Assignment ::
Go through the listing and copy each line that has the string "prepend" in it.

Study material ::
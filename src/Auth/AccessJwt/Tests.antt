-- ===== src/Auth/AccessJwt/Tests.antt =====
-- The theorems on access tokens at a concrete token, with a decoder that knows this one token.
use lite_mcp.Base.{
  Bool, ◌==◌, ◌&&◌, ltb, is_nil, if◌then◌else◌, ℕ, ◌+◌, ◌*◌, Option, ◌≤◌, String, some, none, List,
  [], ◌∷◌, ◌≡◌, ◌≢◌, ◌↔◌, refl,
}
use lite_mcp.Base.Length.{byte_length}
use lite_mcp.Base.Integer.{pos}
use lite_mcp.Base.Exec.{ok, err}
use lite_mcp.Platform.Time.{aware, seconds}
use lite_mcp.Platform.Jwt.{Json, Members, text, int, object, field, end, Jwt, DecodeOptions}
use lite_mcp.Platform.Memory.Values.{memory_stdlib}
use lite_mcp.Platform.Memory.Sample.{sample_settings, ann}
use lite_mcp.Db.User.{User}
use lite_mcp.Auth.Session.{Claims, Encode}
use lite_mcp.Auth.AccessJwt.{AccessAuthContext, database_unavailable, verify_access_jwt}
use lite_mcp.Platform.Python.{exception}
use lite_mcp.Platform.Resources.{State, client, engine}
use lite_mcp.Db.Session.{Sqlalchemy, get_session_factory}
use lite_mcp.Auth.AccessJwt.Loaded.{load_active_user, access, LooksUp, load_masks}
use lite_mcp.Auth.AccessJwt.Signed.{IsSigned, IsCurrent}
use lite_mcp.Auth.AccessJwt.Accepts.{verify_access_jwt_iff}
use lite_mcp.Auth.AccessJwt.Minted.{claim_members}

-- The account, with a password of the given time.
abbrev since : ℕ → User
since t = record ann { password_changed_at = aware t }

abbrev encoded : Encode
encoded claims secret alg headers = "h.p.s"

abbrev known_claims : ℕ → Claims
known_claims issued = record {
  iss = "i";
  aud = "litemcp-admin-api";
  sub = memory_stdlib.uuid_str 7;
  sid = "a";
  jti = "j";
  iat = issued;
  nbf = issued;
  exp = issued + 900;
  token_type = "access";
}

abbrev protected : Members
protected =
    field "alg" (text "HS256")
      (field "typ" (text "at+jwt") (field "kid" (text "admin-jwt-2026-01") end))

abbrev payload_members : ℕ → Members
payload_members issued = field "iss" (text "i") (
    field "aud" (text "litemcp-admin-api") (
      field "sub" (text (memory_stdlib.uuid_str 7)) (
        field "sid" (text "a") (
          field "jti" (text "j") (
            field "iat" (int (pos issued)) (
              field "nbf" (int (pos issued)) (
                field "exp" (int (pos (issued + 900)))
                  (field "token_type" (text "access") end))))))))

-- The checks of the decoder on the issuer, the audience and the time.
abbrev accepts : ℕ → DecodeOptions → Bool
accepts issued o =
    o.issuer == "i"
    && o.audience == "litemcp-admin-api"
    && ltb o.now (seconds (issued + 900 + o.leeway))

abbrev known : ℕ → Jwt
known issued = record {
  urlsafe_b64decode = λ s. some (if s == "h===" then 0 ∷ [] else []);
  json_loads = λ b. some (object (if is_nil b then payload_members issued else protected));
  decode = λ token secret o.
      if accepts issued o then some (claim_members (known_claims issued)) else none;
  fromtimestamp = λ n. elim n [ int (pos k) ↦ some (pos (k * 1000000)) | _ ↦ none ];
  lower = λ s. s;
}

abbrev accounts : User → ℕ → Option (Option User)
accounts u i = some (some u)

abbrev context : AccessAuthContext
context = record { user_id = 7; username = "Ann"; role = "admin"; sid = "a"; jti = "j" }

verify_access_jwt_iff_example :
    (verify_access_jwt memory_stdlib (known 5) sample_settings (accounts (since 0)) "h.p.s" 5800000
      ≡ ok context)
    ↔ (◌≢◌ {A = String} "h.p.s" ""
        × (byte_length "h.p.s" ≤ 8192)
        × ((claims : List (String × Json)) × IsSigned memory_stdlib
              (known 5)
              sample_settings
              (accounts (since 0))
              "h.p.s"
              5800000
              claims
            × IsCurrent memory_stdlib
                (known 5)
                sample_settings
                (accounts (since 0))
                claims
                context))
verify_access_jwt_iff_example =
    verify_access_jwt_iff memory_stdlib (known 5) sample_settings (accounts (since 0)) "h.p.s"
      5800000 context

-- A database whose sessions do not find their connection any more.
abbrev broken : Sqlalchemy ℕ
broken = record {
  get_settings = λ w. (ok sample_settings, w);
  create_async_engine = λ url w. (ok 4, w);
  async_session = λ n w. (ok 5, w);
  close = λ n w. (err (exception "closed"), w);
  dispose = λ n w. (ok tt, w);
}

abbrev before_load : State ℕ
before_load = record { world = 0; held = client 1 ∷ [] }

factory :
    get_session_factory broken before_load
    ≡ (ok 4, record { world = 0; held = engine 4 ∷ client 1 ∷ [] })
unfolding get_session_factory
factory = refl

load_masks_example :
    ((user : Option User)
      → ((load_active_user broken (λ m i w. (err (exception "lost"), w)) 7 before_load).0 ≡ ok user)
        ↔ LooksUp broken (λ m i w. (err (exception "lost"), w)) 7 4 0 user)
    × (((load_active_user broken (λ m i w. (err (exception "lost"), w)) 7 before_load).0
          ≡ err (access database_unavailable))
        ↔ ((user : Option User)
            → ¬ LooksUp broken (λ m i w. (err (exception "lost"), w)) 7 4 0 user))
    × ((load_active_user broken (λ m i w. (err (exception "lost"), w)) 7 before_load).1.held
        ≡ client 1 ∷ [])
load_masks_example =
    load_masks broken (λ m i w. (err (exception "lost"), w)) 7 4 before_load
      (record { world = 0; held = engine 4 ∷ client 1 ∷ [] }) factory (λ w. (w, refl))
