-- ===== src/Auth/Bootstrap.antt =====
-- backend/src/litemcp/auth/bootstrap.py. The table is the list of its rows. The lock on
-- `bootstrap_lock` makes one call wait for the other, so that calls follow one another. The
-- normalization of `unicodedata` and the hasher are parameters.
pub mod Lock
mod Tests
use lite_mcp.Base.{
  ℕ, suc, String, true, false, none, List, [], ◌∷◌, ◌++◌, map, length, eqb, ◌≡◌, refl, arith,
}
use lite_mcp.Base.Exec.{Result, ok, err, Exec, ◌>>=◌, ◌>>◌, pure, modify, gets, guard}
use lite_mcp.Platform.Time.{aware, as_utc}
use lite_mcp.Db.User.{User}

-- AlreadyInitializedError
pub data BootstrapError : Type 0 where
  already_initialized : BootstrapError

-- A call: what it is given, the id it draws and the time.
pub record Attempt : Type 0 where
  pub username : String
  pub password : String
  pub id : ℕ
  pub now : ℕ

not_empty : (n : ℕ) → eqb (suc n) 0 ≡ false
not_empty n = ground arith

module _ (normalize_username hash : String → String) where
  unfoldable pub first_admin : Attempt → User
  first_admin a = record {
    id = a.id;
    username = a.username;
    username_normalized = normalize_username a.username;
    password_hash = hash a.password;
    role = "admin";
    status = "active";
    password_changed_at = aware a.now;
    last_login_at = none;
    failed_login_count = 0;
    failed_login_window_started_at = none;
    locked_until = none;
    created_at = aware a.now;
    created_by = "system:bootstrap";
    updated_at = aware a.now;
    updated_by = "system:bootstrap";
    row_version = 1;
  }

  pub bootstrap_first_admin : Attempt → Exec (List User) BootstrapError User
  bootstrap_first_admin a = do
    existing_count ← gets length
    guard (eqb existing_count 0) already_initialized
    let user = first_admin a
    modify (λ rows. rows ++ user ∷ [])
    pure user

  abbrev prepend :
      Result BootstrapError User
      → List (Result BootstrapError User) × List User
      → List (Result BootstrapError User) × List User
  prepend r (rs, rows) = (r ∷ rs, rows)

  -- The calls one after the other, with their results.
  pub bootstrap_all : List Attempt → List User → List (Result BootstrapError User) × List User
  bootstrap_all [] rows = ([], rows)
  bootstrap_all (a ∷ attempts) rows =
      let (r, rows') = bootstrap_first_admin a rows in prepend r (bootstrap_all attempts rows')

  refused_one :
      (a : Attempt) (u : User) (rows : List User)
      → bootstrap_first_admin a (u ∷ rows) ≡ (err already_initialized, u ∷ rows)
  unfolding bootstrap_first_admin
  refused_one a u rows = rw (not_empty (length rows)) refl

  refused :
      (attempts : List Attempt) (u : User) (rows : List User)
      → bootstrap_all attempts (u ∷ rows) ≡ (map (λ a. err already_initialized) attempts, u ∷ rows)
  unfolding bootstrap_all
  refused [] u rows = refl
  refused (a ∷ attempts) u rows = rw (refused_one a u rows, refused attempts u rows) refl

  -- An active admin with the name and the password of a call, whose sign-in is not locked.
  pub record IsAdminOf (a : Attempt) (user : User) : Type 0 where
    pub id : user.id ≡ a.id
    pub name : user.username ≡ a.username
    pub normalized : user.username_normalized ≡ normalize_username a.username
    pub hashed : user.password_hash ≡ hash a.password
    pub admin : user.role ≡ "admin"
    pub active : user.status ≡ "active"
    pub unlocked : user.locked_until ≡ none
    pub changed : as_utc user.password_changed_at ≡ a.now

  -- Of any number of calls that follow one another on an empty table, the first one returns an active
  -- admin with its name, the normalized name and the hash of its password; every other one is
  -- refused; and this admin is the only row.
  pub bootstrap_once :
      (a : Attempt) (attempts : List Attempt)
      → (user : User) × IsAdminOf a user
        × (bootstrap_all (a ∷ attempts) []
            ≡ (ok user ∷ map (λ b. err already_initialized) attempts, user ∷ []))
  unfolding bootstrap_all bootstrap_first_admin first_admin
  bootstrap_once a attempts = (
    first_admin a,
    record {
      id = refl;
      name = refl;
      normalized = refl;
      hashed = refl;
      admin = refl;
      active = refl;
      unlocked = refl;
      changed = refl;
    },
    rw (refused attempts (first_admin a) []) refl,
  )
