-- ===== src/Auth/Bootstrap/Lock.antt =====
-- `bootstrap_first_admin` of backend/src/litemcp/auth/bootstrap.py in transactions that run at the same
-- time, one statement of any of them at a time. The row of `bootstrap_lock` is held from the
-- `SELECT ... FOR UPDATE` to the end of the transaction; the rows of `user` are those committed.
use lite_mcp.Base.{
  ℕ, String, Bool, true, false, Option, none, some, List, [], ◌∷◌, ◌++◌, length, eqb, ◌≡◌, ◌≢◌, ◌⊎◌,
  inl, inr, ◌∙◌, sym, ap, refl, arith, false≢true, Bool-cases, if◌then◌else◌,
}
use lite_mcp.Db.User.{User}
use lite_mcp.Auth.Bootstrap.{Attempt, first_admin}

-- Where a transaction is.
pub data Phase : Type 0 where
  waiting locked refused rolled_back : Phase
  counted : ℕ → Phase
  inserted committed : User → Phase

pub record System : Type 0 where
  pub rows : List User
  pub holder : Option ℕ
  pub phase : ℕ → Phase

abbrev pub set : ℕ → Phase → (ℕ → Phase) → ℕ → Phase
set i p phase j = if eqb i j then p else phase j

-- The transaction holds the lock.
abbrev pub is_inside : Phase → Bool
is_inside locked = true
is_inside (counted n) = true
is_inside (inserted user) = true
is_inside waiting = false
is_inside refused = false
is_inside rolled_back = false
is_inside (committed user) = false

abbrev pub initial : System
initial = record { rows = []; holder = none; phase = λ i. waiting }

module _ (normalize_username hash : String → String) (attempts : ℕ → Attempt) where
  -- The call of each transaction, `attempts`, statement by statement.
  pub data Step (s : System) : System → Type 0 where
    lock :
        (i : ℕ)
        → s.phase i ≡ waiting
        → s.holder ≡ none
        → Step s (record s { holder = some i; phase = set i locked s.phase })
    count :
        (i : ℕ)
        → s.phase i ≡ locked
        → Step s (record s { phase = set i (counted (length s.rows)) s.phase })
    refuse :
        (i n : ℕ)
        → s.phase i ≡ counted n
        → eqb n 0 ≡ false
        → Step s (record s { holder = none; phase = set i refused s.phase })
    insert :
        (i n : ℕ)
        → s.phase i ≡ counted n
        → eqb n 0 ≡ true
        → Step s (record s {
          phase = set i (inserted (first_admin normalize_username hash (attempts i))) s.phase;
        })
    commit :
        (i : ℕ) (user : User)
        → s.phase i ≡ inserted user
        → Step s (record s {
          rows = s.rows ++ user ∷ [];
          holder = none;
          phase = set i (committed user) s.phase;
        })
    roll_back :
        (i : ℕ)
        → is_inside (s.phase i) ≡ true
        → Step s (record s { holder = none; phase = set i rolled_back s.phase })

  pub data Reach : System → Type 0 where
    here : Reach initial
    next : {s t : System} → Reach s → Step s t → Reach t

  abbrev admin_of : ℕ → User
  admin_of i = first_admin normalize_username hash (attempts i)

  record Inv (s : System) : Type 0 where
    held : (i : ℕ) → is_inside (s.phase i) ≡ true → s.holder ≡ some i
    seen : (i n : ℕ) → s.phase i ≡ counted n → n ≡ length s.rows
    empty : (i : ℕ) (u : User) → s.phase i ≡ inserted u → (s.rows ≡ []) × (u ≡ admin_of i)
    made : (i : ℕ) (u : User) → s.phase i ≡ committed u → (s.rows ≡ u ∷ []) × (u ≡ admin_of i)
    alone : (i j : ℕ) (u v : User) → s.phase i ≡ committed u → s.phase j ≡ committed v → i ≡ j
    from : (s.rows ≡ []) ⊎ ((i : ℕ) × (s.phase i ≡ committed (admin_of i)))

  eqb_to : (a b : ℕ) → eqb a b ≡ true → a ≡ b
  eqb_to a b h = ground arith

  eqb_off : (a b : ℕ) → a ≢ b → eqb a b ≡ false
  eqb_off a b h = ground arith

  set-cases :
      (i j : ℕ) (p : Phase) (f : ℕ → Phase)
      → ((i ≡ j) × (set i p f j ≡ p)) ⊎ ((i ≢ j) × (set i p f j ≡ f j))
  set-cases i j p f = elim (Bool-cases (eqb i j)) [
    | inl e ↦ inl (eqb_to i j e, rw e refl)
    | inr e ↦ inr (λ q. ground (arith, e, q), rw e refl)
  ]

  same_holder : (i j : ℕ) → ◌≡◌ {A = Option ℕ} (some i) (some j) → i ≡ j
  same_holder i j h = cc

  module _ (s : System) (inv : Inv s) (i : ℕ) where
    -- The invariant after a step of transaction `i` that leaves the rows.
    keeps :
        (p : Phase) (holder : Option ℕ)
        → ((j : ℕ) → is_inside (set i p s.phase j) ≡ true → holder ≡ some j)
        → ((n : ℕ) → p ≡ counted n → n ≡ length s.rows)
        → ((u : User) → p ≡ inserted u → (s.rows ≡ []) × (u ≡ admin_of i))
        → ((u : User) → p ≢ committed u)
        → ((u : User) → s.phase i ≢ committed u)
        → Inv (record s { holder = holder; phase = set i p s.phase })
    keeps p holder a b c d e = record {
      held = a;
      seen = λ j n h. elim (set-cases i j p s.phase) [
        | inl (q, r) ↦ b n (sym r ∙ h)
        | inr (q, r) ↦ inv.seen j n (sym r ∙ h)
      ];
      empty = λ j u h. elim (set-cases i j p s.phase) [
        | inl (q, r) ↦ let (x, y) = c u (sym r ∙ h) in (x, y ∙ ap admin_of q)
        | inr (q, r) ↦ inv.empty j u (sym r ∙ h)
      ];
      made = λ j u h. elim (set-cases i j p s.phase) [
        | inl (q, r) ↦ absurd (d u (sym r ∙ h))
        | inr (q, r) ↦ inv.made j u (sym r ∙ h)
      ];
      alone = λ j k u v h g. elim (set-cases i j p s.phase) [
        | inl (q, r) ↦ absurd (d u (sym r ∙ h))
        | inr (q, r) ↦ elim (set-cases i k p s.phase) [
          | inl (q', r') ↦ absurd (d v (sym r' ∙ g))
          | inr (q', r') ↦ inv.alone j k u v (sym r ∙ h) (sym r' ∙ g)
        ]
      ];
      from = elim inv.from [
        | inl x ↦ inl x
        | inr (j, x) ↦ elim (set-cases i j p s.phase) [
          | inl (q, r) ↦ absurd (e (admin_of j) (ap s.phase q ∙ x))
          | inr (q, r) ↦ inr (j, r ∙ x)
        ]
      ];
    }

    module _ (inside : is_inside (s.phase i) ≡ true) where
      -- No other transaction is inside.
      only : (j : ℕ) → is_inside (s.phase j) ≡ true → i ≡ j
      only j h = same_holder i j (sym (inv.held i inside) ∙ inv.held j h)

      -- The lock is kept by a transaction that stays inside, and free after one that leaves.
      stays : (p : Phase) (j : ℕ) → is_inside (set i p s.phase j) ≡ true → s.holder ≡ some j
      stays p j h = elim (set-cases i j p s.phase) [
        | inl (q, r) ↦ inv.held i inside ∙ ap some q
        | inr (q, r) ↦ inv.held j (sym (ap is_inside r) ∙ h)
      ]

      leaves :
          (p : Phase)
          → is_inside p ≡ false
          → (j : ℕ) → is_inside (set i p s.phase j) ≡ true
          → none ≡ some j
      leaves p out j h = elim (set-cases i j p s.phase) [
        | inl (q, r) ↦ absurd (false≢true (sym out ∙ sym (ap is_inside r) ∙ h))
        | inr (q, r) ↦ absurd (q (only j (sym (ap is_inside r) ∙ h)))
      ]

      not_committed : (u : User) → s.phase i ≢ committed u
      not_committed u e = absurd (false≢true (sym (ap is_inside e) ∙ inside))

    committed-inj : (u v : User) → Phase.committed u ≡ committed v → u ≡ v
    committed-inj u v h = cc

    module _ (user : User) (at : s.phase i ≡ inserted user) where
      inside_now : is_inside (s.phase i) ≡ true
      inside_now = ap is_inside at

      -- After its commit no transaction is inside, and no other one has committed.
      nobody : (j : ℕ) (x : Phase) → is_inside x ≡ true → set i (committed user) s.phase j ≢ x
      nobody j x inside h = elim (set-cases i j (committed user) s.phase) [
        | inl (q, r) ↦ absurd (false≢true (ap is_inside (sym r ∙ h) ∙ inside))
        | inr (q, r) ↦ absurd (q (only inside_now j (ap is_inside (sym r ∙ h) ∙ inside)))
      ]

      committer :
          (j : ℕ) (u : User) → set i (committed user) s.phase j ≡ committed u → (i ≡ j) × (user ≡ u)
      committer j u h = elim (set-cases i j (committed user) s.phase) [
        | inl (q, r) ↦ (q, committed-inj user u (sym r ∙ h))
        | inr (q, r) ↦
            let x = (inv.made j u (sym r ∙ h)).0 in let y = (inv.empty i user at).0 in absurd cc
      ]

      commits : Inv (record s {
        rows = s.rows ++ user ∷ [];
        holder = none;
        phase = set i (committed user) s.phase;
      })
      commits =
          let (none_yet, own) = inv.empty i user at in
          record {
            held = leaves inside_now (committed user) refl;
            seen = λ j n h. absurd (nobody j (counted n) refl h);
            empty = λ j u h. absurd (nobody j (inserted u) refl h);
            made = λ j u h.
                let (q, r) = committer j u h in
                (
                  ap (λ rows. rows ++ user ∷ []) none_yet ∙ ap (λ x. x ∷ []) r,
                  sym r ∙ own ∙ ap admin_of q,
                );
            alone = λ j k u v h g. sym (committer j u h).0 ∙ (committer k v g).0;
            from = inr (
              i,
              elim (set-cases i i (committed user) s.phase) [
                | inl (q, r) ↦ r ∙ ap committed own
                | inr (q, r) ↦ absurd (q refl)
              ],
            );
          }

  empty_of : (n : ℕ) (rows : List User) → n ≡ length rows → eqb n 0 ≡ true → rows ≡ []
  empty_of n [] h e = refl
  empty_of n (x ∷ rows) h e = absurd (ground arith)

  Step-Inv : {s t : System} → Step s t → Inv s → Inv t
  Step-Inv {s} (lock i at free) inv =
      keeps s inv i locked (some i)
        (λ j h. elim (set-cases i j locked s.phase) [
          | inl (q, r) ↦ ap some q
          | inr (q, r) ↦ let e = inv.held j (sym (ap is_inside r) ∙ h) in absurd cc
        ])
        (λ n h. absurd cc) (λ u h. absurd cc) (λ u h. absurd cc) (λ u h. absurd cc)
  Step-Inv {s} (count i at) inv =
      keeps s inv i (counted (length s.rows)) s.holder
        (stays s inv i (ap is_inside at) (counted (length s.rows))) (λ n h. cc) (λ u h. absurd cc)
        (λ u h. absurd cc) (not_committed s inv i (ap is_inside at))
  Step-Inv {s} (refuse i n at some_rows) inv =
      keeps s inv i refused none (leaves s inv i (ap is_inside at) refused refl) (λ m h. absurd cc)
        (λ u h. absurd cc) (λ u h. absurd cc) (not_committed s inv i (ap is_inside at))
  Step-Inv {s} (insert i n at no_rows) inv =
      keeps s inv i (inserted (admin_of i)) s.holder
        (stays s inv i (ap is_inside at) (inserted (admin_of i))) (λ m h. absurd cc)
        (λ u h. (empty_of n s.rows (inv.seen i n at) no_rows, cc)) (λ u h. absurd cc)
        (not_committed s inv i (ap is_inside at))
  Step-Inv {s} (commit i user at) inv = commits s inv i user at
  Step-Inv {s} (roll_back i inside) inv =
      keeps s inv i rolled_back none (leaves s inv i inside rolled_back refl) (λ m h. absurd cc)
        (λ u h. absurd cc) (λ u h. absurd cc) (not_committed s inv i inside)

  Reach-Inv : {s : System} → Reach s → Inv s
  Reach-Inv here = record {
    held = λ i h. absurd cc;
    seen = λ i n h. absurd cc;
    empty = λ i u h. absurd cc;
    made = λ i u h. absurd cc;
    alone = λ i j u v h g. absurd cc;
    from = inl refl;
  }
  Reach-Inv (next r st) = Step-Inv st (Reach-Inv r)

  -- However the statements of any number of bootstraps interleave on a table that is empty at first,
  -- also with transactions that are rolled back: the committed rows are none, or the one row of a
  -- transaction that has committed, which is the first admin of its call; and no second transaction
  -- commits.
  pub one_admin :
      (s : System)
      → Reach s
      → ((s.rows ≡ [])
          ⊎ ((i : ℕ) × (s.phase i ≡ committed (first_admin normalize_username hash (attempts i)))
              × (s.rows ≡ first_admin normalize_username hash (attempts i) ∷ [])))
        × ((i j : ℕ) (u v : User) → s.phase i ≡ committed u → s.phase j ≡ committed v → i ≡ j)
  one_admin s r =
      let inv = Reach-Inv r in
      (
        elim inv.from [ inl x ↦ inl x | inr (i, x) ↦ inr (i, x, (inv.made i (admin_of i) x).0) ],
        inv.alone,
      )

Written response ::
  abbrev prepend :
  prepend r (rs, rows) = (r ∷ rs, rows)
      let (r, rows') = bootstrap_first_admin a rows in prepend r (bootstrap_all attempts rows')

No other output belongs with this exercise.